# Notebook vs Netbook



## Ecstasy (Feb 22, 2009)

Hey,

I don't know if this topic has already been discussed or not but atleast I couldn't find this thread. Anyway, I will be doing my MBA this year so I will be needing a laptop. But in today's age one will surely think about whether to buy a notebook or a netbook. Right now I'm in such a dilemma. 

So tell me guys what are the pros and cons about a netbook and notebook cause I need to decide and buy one ASAP.

/discuss.


----------



## gforce23 (Feb 22, 2009)

Pros -
Netbook:
Smaller and more portable, longer battery life for the same battery, (usually) cheaper

Notebook:
Better hardware specs & usually more feature-rich, comparatively rugged (better construction), the bigger screen does help when working with presentations and large excel sheets


----------



## gxsaurav (Feb 23, 2009)

Netbook is useful when you already have a PC at home like a Desktop so Netbook is your secondary PC & here you want to buy yourself a primary PC.
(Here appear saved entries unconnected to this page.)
-- ===== src/Kernel/Proc/Life.antt =====
-- proc.c: the functions by which a process comes to be, runs, ends and is waited for. `cur` is the
-- slot of `proc`, the process that calls. What other components return is an argument: the stack
-- page of `kalloc` and the page table of `copyuvm` (0 if they fail). The reference counts of files
-- and inodes are behind `FileOps`.
use os_ass.Base.{
  ℕ, zero, suc, ◌+◌, Bool, true, false, not, ◌&&◌, ◌||◌, [], Option, none, some, ◌==◌,
  if◌then◌else◌, update, nproc, nofile,
}
use os_ass.Base.Outcome.{Outcome, ok, panic}
use os_ass.Kernel.Proc.{
  unused, embryo, sleeping, runnable, running, zombie, same_state, Chan, null, proc_at, Proc, Table,
  chan_of, is_slot, find_proc, wakeup1,
}

abbrev pub put_proc : ℕ → Proc → Table → Table
put_proc i p t = record t { procs = update t.procs i p }

-- `filedup` and `fileclose` of file.c, `idup` of fs.c, and its `iput` in a transaction of the log,
-- on their own state.
pub record FileOps (Files : Type 0) : Type 0 where
  pub filedup : ℕ → Files → Files
  pub fileclose : ℕ → Files → Files
  pub idup : ℕ → Files → Files
  pub iput : ℕ → Files → Files

-- `allocproc` from its label `found`, at slot `i`, where `kalloc` returns `stack`. The fields that
-- it does not set keep the values of the slot's last process.
unfoldable pub found : ℕ → ℕ → Table → Option ℕ × Table
found stack i t =
    let t1 : Table = record t {
      procs = update t.procs i (record (t.procs i) { state = embryo; pid = t.nextpid });
      nextpid = t.nextpid + 1;
    } in
    if stack == 0
    then (none, put_proc i (record (t1.procs i) { kstack = 0; state = unused }) t1)
    else (some i, put_proc i (record (t1.procs i) { kstack = stack }) t1)

unfoldable pub allocproc : ℕ → Table → Option ℕ × Table
allocproc stack t = elim (find_proc (λ p. same_state p.state unused) t.procs) [
  | none ↦ (none, t)
  | some i ↦ found stack i t
]

-- The loop of `fork` over the open files: a null entry of the parent leaves the child's alone.
unfoldable pub dup_loop :
    {Files : Type 0} → FileOps Files → ℕ → ℕ → (ℕ → ℕ) → (ℕ → ℕ) → Files → (ℕ → ℕ) × Files
dup_loop ops i zero from to fs = (to, fs)
dup_loop ops i (suc rounds) from to fs =
    dup_loop ops (i + 1) rounds from (if from i == 0 then to else update to i (from i))
      (if from i == 0 then fs else ops.filedup (from i) fs)

-- `fork` once it has the slot `i`.
unfoldable pub fork_into :
    {Files : Type 0} → FileOps Files → (pgdir cur i : ℕ) → Table → Files → Option ℕ × Table × Files
fork_into ops pgdir cur i t1 fs =
    if pgdir == 0
    then (none, put_proc i (record (t1.procs i) { pgdir = 0; kstack = 0; state = unused }) t1, fs)
    else (let me = t1.procs cur in
        let child = t1.procs i in
        let files = dup_loop ops 0 nofile me.ofile child.ofile fs in
        (
          some child.pid,
          put_proc i
              (record child {
                pgdir = pgdir;
                sz = me.sz;
                parent = some cur;
                job = me.job;
                tf = me.tf;
                eax = 0;
                ofile = files.0;
                cwd = me.cwd;
                name = me.name;
                state = runnable;
              })
              t1,
          ops.idup me.cwd files.1,
        ))

-- `fork` of the process in slot `cur`: the child's pid, or `none` for -1.
unfoldable pub fork :
    {Files : Type 0}
    → FileOps Files
    → (stack pgdir cur : ℕ) → Table
    → Files
    → Option ℕ × Table × Files
fork ops stack pgdir cur t fs =
    let (slot, t1) = allocproc stack t in
    elim slot [ none ↦ (none, t1, fs) | some i ↦ fork_into ops pgdir cur i t1 fs ]

-- The loop of `exit` over the open files.
pub close_loop : {Files : Type 0} → FileOps Files → ℕ → ℕ → (ℕ → ℕ) → Files → (ℕ → ℕ) × Files
close_loop ops i zero ofile fs = (ofile, fs)
close_loop ops i (suc rounds) ofile fs =
    close_loop ops (i + 1) rounds (if ofile i == 0 then ofile else update ofile i 0)
      (if ofile i == 0 then fs else ops.fileclose (ofile i) fs)

-- The body of the loop of `exit` that passes abandoned children to init, at slot `i`.
unfoldable pub orphan_body : ℕ → ℕ → Table → Table
orphan_body cur i t =
    let p = t.procs i in
    let t1 = put_proc i (record p { parent = some t.initproc }) t in
    if is_slot p.parent cur
    then if same_state p.state zombie then wakeup1 (proc_at t.initproc) t1 else t1
    else t

unfoldable pub orphan_loop : ℕ → ℕ → ℕ → Table → Table
orphan_loop cur i zero t = t
orphan_loop cur i (suc rounds) t = orphan_loop cur (i + 1) rounds (orphan_body cur i t)

-- `exit`, up to its call of `sched`, which does not return.
unfoldable pub exit :
    {Files : Type 0} → FileOps Files → (status cur : ℕ) → Table → Files → Outcome (Table × Files)
exit ops status cur t fs =
    let me = t.procs cur in
    if cur == t.initproc
    then panic "init exiting"
    else (let files = close_loop ops 0 nofile me.ofile fs in
        let t1 =
          put_proc cur (record me { exit_status = status; ofile = files.0; cwd = 0; job = 0 }) t in
        let t2 = wakeup1 (chan_of me.parent) t1 in
        let t3 = orphan_loop cur 0 nproc t2 in
        ok (put_proc cur (record (t3.procs cur) { state = zombie }) t3, ops.iput me.cwd files.1))

-- `sleep` up to `sched`, and its end when the process runs again.
unfoldable pub sleep : Chan → ℕ → Table → Table
sleep c cur t = put_proc cur (record (t.procs cur) { chan = c; state = sleeping }) t

unfoldable pub slept : ℕ → Table → Table
slept cur t = put_proc cur (record (t.procs cur) { chan = null }) t

-- What the scan of `waitpid` finds.
pub data Scan : Type 0 where
  dead : ℕ → Scan
  havekids : Bool → Scan

-- `childPid`; `none` is -1.
abbrev pub is_wanted : Option ℕ → ℕ → Bool
is_wanted none pid = true
is_wanted (some k) pid = k == pid

unfoldable pub scan_loop : ℕ → Option ℕ → (ℕ → Proc) → ℕ → ℕ → Bool → Scan
scan_loop cur child procs i zero kids = havekids kids
scan_loop cur child procs i (suc rounds) kids =
    let p = procs i in
    let mine = is_slot p.parent cur && is_wanted child p.pid in
    let later = scan_loop cur child procs (i + 1) rounds (kids || mine) in
    if mine && same_state p.state zombie then dead i else later

-- How a run of `waitpid` ends: with a pid and the exit status that it wrote through `status`, with
-- -1, or asleep on its own slot, after which it scans again.
pub data Waited : Type 0 where
  reaped : (pid exit_status : ℕ) → Waited
  failed : Waited
  blocked : Waited

-- What `waitpid` writes into the slot. The stack and the pages that it frees are not in the table.
abbrev pub freed : Proc → Proc
freed p = record p {
  kstack = 0;
  state = unused;
  pid = 0;
  parent = none;
  name = [];
  killed = false;
  job = 0;
}

-- `waitpid` once it knows what the scan finds. `status` says whether the pointer is not null.
unfoldable pub after_scan : (status : Bool) → (cur : ℕ) → Table → Scan → Waited × Table
after_scan status cur t (dead i) =
    if status
    then (reaped (t.procs i).pid (t.procs i).exit_status, put_proc i (freed (t.procs i)) t)
    else (failed, t)
after_scan status cur t (havekids kids) =
    if not kids || (t.procs cur).killed then (failed, t) else (blocked, sleep (proc_at cur) cur t)

unfoldable pub waitpid : (status : Bool) → (child : Option ℕ) → (cur : ℕ) → Table → Waited × Table
waitpid status child cur t = after_scan status cur t (scan_loop cur child t.procs 0 nproc false)

-- `wait` is `waitpid` for any child.
unfoldable pub wait : (status : Bool) → (cur : ℕ) → Table → Waited × Table
wait status cur t = waitpid status none cur t

unfoldable pub yield : ℕ → Table → Table
yield cur t = put_proc cur (record (t.procs cur) { state = runnable }) t

-- The body of the loop of `scheduler` at slot `i`: it runs the process, or passes it over.
unfoldable pub schedule : ℕ → Table → Option Table
schedule i t =
    if same_state (t.procs i).state runnable
    then some (put_proc i (record (t.procs i) { state = running }) t)
    else none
Using word, Excel or Powerpoint is indeed tough on a 10" Screen. However, you can do one good thing. Get yourself a good Netbook (I personally prefer Dell Inspiron mini) & a 15" widescreen LCD running at 1280X800 pixel resolution or 17" running at 1440X900 pixel resolution & a Wireless Keyboard & Mouse set. This way, you can use have your netbook's mobility & when you are in your room you can connect the netbook to the 17" Monitor & use that as a display for your netbook while using the wireless keyboard & Mouse to control the system. Netbook will act like a CPU.


----------



## Ecstasy (Feb 23, 2009)

^^Great idea, but I'm planning to go to Australia so I don't think I can carry a 17" monitor there or afford to buy one there.

Which is the most economical notebook to buy as in I'm looking at let's say around 20-25k?


----------



## desiibond (Feb 23, 2009)

Acer aspire 4520 or 4530 I think is great model. 14"


----------



## gforce23 (Feb 23, 2009)

The Aspire 4520 is pretty bad in terms of specs: AMD Turion 64 X 2 (1.6GHz), 1GB RAM, 120GB Hard Drive and Vista Premium. Unless AMD has begun shipping ultra tweaked versions of its mobile processors, the Turion's battery life as I know it is quite appalling. My advice would be to stick with a netbook or an ultraportable 12" (assuming you can find one at that price) for that kind of budget. Either find a cheap C2D-based notebook or buy something like the LG X110 netbook, a virtual clone of the MSI Wind, which has the same 1GB RAM and a 160GB HDD to boot for circa Rs. 20k.


----------



## Pathik (Feb 23, 2009)

For an MBA, even a netbook will suffice. And will be much more portable. Get the Acer Aspire One. 15k.


----------



## Coool (Feb 23, 2009)

^ +1...get aspire one for 15k and save some bucks which may come pretty handy in australia


----------



## gxsaurav (Feb 23, 2009)

@ Pathik...

Netbook will not suffice as the primary PC for a MBA Student. He will soon get frustrated by it's small screen size.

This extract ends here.